## TASK ITEM
Your response must be made up of each line in the data below that contains the string "parsed".

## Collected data
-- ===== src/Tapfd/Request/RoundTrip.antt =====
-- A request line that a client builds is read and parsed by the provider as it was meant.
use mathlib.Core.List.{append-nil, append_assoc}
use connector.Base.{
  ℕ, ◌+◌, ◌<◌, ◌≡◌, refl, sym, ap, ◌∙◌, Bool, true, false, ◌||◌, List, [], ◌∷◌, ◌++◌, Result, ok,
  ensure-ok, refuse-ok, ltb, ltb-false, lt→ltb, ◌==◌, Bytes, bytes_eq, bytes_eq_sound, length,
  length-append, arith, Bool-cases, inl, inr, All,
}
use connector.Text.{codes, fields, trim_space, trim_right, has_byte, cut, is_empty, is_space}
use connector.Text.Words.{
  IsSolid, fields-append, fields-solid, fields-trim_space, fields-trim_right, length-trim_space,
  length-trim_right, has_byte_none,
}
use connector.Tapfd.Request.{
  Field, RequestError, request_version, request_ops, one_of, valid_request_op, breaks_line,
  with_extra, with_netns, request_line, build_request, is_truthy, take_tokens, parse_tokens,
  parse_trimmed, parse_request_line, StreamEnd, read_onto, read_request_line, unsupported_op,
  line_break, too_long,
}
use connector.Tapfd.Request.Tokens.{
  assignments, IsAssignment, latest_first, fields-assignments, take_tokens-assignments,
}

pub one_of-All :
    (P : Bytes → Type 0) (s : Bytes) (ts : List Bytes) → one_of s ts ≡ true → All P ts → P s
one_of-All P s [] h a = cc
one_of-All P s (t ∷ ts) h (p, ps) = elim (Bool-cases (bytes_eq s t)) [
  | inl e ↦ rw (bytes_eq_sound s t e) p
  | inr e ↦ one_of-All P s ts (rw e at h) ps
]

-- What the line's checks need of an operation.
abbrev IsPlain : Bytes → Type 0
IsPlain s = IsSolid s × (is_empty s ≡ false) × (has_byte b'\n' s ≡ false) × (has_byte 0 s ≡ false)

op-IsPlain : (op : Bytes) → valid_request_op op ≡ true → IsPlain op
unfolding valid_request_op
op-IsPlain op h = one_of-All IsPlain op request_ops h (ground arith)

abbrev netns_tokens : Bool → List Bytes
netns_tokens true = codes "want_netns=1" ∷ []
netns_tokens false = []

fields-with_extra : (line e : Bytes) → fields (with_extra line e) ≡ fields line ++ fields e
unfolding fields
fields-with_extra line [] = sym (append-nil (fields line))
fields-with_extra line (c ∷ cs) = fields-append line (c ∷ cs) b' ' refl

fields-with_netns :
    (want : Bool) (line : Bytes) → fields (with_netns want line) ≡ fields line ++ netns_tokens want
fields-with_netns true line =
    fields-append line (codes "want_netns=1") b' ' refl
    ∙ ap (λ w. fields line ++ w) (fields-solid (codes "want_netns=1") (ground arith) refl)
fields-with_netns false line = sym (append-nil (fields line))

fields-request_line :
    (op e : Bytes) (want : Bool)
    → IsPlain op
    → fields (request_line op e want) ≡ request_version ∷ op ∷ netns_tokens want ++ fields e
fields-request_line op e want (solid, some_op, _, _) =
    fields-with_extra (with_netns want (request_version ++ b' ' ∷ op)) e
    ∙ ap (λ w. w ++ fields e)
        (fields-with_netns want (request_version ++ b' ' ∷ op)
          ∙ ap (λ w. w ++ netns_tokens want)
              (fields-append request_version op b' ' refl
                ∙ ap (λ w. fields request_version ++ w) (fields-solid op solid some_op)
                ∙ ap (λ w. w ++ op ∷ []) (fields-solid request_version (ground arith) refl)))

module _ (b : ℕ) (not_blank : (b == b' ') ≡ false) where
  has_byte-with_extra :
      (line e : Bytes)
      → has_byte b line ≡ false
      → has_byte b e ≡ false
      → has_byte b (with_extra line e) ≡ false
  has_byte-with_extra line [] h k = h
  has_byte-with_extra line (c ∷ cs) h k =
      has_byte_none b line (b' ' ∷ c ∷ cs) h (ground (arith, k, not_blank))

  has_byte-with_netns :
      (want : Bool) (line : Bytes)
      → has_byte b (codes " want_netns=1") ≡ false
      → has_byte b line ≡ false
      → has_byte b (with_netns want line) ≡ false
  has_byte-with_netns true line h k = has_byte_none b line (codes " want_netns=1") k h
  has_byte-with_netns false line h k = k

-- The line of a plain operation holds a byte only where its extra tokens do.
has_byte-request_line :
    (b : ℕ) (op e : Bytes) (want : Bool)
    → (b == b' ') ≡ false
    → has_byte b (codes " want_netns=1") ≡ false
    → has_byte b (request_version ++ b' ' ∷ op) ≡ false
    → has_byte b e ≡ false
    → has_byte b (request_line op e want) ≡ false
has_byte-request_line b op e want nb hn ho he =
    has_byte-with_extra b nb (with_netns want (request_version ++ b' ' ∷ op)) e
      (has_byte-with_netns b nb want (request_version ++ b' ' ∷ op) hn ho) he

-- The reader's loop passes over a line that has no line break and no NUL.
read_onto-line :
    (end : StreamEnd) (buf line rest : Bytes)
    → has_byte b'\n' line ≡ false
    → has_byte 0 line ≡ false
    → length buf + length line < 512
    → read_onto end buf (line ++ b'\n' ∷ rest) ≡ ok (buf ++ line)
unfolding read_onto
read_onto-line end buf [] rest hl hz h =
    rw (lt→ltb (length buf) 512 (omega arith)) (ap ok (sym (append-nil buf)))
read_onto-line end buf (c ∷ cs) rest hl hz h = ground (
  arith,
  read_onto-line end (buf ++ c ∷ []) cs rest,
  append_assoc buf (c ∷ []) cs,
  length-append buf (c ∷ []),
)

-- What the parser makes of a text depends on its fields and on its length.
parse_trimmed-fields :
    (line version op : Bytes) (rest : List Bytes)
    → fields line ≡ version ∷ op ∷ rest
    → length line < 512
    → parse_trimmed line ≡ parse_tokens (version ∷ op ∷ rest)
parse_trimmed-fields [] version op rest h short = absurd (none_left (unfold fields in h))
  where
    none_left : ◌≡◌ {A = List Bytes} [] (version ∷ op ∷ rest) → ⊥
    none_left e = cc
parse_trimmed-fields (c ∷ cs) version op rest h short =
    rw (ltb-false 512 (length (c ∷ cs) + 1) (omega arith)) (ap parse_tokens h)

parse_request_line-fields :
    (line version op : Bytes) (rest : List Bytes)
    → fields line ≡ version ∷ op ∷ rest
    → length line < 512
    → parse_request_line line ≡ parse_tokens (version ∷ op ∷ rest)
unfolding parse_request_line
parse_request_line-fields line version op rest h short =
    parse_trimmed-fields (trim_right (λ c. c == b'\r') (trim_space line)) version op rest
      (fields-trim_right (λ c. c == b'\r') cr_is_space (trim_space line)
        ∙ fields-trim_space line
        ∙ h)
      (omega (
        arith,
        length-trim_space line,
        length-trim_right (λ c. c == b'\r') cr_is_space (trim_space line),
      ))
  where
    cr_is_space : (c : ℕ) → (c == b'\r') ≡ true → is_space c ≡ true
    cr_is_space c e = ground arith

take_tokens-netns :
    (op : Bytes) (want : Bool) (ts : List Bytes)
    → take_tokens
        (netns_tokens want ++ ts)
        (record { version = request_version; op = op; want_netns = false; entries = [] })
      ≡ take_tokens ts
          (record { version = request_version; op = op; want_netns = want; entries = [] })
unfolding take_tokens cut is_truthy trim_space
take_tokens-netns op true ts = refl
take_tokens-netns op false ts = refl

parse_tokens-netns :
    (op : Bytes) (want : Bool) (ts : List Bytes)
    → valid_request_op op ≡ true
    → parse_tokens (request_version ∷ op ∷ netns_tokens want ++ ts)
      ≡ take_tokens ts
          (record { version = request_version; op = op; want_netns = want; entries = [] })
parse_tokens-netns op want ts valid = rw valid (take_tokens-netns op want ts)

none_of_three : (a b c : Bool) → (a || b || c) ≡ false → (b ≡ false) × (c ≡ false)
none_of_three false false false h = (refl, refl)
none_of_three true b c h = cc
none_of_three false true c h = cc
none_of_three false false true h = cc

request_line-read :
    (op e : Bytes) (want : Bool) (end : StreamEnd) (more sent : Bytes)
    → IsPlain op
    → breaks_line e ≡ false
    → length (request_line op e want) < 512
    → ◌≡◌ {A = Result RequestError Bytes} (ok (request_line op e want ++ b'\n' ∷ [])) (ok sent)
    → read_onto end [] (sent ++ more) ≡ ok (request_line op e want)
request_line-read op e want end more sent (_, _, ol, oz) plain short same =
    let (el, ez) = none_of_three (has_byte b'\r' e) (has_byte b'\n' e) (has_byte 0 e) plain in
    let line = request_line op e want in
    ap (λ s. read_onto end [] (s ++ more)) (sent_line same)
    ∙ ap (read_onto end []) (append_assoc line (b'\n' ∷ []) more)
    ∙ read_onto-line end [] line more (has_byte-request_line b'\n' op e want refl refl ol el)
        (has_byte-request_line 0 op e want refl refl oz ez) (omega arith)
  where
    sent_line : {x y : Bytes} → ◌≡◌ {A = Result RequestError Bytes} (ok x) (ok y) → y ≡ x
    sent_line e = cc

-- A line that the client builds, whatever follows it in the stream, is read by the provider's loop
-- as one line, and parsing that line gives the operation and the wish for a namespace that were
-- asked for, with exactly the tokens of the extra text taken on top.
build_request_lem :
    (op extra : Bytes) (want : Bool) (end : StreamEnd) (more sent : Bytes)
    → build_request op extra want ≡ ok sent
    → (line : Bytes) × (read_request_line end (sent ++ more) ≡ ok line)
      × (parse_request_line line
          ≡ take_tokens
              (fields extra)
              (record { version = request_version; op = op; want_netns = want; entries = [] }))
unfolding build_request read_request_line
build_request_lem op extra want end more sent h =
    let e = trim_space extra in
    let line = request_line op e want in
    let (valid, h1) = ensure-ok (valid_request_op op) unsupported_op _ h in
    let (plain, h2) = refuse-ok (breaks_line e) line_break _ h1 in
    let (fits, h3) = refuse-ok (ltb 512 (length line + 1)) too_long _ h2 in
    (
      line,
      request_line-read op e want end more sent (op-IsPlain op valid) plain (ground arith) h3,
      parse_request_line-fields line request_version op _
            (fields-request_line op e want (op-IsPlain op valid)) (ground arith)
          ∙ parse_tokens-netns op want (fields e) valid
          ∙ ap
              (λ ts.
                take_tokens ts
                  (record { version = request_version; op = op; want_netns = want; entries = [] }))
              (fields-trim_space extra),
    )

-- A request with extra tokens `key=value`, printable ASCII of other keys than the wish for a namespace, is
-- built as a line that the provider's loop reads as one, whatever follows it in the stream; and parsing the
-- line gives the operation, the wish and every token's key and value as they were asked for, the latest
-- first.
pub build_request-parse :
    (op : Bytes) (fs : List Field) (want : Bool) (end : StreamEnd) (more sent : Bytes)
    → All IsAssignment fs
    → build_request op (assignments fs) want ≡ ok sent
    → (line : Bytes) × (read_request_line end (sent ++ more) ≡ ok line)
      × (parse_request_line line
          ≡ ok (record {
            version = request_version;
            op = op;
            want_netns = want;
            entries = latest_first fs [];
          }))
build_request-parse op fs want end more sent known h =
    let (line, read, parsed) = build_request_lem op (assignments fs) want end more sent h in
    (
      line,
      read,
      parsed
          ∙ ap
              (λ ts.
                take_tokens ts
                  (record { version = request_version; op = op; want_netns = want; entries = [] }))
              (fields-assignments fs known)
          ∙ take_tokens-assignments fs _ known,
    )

## WRITTEN RESPONSE
-- A request line that a client builds is read and parsed by the provider as it was meant.
    let (line, read, parsed) = build_request_lem op (assignments fs) want end more sent h in
      parsed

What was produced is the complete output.